### BRIEF
Filter the listing below, please, and copy only the lines with the word "elim".
>>>>>
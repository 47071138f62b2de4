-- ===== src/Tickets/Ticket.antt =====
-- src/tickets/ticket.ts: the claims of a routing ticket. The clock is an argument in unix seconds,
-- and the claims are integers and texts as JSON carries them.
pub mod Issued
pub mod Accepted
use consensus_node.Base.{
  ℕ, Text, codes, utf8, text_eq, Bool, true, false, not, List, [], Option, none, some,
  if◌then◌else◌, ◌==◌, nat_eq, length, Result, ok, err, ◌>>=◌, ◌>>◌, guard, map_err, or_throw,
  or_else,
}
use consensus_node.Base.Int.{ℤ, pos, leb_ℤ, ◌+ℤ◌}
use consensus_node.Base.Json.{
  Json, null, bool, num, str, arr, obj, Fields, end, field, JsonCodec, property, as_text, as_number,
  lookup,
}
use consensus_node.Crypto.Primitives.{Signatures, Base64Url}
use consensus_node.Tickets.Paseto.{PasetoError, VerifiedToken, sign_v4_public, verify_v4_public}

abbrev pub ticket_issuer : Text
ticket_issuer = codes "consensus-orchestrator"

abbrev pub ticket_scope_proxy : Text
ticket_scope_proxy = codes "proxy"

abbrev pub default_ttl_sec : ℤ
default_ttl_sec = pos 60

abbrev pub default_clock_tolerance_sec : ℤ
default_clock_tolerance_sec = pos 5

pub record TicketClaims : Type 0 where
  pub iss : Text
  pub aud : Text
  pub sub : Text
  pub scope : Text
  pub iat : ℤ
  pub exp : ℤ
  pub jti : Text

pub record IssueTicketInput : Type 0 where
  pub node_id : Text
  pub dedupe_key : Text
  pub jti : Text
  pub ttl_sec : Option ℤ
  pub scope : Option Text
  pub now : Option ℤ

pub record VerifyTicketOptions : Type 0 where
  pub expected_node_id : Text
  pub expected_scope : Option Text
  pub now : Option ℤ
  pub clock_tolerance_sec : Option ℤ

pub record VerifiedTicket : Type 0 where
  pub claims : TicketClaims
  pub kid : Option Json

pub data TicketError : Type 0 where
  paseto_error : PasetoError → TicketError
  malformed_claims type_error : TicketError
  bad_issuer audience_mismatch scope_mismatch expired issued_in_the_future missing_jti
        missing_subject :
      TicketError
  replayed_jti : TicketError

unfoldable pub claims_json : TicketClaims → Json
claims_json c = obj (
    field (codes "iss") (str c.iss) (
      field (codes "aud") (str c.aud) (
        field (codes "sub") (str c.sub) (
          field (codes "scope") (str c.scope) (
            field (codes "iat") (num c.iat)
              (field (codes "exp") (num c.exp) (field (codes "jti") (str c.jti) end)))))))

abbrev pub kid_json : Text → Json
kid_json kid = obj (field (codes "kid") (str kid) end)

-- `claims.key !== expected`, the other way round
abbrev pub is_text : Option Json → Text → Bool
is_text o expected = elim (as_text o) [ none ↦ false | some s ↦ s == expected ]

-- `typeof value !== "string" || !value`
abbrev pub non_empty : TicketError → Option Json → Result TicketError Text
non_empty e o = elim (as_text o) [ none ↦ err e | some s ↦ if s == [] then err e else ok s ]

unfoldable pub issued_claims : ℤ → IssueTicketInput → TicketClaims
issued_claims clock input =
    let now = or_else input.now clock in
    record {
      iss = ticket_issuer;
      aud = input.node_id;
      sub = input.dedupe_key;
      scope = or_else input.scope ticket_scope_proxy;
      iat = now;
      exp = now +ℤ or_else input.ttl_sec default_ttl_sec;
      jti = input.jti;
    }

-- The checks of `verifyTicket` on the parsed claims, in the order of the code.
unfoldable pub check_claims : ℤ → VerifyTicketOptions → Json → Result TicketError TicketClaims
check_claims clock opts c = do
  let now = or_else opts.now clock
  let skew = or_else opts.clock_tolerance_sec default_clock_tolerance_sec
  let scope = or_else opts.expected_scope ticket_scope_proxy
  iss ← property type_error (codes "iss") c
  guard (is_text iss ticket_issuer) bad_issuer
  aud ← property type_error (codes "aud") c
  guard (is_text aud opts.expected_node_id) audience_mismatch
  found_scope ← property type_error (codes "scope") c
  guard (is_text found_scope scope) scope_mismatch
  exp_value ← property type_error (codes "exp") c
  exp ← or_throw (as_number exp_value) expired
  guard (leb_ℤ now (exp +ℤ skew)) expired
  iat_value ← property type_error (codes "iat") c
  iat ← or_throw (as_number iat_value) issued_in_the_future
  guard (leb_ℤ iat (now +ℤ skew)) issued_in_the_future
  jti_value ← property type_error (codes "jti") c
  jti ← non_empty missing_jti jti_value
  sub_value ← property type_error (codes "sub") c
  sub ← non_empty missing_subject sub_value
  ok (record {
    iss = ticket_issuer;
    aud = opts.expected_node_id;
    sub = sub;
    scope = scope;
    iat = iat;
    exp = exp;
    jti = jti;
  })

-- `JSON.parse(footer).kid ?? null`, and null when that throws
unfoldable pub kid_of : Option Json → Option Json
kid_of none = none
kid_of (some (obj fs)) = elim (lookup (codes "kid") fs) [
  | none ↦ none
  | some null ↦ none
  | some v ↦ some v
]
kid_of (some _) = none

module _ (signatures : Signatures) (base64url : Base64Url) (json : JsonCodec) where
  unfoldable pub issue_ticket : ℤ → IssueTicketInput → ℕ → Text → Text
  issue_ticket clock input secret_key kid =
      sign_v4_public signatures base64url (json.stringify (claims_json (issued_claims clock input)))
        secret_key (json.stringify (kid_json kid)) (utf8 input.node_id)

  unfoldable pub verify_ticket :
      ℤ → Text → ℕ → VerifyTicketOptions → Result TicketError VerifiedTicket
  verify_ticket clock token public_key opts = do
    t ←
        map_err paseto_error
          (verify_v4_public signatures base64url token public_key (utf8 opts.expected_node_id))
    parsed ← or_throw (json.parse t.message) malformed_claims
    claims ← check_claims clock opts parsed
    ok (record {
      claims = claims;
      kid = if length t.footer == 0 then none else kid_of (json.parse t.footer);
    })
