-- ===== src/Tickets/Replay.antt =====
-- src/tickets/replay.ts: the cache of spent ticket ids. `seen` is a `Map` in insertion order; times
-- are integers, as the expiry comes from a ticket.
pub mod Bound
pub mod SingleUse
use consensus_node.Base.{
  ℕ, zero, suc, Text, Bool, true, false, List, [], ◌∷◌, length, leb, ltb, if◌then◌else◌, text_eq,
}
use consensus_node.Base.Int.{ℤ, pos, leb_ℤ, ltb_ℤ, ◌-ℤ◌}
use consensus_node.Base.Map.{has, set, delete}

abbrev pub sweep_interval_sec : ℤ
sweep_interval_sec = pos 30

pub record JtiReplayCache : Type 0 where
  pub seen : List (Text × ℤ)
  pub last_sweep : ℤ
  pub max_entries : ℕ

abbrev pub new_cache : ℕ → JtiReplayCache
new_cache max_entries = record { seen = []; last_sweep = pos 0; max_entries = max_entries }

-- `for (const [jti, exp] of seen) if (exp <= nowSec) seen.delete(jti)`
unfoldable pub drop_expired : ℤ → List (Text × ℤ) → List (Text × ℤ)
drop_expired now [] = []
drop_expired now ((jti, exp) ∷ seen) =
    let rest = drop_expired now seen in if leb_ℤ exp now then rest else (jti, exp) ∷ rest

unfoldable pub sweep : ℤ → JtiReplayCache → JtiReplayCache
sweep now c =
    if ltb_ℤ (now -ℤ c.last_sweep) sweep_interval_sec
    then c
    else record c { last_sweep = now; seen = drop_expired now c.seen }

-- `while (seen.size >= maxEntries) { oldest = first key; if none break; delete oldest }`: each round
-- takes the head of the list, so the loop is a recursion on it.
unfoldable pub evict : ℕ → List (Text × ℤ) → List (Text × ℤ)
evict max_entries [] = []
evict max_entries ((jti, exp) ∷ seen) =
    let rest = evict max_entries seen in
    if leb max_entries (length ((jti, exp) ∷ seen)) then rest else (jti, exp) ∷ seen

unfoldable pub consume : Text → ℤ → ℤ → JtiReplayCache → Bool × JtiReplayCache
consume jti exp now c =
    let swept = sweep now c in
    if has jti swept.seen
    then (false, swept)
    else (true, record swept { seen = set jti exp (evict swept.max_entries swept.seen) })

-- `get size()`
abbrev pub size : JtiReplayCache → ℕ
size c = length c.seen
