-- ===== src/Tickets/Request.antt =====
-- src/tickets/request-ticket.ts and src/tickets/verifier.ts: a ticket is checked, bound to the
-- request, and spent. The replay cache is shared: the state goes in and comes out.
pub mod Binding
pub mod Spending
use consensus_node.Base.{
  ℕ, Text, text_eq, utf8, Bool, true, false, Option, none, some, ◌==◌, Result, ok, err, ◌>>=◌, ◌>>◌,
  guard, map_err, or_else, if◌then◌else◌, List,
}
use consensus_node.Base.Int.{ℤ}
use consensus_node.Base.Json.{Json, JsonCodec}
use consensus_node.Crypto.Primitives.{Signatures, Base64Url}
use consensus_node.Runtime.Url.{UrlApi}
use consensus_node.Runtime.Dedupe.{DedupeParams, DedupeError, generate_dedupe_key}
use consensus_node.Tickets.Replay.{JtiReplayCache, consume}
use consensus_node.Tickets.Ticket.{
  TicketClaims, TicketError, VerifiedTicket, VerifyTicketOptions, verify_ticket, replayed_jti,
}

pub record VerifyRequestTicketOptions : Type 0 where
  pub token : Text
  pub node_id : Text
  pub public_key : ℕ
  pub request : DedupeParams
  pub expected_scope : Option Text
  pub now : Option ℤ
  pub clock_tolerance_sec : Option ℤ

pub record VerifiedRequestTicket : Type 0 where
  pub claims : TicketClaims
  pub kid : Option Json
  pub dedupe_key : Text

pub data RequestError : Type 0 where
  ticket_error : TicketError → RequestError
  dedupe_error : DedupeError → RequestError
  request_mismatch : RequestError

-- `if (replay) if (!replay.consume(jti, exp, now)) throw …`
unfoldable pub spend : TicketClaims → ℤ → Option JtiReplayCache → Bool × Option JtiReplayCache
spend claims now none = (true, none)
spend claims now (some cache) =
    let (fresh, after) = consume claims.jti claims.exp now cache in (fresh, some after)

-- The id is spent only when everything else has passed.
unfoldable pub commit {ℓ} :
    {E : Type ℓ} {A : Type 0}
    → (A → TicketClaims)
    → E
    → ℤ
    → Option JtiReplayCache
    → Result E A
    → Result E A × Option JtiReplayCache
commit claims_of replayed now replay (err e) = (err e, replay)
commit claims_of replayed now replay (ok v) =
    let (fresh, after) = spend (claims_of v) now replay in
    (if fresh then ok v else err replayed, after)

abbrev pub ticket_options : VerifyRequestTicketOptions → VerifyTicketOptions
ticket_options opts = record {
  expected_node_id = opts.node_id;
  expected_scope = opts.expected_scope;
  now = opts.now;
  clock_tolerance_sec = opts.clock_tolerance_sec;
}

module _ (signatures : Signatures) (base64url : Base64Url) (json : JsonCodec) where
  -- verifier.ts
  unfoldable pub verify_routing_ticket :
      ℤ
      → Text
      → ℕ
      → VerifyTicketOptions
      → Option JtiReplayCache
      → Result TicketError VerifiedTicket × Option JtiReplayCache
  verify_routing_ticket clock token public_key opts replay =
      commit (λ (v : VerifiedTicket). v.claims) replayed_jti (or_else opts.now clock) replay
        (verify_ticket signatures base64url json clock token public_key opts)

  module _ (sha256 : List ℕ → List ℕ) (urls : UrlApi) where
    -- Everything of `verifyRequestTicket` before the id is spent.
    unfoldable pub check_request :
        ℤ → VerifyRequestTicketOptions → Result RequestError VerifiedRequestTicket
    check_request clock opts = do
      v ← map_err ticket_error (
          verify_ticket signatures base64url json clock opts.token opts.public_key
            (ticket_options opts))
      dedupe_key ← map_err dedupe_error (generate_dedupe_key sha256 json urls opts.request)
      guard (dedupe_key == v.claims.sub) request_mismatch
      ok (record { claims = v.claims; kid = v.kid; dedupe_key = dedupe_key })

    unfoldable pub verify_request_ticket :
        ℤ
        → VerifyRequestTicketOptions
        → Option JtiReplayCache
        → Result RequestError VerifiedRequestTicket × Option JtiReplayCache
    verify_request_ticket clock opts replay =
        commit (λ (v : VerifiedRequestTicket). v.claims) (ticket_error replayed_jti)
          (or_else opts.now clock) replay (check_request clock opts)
<<<<<
>>>>>
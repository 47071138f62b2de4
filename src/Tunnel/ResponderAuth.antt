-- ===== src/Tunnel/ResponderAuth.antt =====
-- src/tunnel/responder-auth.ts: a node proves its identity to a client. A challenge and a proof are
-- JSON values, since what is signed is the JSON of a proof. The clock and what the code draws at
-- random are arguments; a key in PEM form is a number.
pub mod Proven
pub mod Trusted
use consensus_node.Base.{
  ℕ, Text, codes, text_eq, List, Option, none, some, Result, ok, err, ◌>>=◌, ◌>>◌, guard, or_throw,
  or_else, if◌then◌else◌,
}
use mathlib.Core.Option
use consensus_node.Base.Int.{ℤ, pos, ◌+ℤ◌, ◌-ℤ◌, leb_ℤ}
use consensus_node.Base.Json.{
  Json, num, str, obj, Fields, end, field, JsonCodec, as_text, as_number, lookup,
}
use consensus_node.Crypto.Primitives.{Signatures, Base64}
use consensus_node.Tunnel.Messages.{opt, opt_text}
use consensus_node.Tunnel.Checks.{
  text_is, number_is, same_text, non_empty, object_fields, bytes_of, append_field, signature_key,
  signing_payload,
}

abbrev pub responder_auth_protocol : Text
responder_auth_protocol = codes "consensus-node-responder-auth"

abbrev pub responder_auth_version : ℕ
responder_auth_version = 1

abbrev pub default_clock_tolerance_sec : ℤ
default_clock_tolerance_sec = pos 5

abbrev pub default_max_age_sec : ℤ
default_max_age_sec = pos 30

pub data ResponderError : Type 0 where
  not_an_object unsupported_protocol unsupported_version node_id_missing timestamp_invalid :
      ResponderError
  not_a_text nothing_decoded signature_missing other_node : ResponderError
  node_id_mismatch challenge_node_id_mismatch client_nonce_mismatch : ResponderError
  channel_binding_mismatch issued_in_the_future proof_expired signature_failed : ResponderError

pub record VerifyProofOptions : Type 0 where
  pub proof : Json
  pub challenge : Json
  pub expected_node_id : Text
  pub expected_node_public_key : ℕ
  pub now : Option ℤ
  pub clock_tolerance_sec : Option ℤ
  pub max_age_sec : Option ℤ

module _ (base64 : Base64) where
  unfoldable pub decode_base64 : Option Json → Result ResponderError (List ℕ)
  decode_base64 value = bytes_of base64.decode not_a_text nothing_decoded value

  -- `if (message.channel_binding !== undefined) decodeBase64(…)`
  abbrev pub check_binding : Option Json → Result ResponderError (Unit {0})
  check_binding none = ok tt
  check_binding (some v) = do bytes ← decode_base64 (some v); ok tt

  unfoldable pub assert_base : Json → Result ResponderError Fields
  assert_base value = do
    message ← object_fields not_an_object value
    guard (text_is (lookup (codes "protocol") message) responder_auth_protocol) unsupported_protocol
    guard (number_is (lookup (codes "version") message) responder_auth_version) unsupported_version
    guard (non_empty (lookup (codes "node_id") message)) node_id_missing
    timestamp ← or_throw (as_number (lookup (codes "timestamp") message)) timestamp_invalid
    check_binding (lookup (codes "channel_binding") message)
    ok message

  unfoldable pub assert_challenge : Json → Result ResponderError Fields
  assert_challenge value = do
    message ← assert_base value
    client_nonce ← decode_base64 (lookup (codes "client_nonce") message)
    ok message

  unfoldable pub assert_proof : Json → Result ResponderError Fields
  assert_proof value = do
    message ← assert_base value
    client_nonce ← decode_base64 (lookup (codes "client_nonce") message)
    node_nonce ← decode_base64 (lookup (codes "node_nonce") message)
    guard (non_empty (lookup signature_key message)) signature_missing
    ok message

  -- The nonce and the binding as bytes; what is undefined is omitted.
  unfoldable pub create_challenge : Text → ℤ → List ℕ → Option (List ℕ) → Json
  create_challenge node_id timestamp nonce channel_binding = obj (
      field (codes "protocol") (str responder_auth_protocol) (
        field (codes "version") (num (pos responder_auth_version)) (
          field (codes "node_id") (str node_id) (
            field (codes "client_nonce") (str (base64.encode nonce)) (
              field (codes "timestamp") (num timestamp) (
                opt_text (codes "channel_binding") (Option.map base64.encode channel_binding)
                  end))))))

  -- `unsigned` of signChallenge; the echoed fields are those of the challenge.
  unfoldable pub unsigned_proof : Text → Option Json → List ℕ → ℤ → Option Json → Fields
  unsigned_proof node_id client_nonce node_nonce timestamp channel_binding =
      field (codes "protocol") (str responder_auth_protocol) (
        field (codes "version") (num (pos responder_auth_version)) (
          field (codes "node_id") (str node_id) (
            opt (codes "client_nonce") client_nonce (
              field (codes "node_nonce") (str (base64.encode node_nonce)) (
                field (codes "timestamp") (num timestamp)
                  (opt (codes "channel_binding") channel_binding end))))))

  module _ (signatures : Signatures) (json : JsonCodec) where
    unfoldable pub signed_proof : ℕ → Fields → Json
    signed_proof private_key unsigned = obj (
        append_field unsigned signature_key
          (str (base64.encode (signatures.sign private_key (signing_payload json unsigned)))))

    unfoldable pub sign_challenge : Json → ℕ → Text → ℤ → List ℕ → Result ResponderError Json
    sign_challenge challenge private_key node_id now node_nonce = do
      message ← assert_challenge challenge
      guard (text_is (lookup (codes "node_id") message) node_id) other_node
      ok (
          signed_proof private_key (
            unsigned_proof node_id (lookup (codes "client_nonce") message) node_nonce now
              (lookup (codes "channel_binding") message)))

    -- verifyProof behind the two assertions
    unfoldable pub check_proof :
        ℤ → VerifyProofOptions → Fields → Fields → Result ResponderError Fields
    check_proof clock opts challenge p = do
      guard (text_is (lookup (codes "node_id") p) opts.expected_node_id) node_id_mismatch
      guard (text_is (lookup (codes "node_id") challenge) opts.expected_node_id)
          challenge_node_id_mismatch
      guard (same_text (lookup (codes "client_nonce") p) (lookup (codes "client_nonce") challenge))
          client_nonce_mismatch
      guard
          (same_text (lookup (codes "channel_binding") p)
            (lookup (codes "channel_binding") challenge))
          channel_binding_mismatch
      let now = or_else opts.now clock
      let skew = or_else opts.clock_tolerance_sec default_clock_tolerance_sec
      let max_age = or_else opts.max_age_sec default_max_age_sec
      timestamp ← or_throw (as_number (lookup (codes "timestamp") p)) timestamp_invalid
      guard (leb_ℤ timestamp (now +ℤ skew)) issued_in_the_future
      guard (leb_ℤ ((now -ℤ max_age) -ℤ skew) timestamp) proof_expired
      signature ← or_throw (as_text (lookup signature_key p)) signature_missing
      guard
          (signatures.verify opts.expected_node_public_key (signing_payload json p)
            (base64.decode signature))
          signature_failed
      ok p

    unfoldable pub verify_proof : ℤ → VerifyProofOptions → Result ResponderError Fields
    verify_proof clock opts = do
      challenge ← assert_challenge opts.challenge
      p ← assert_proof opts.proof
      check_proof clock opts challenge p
<<<<<
### YOUR RESPONSE
is_text o expected = elim (as_text o) [ none ↦ false | some s ↦ s == expected ]
non_empty e o = elim (as_text o) [ none ↦ err e | some s ↦ if s == [] then err e else ok s ]
kid_of (some (obj fs)) = elim (lookup (codes "kid") fs) [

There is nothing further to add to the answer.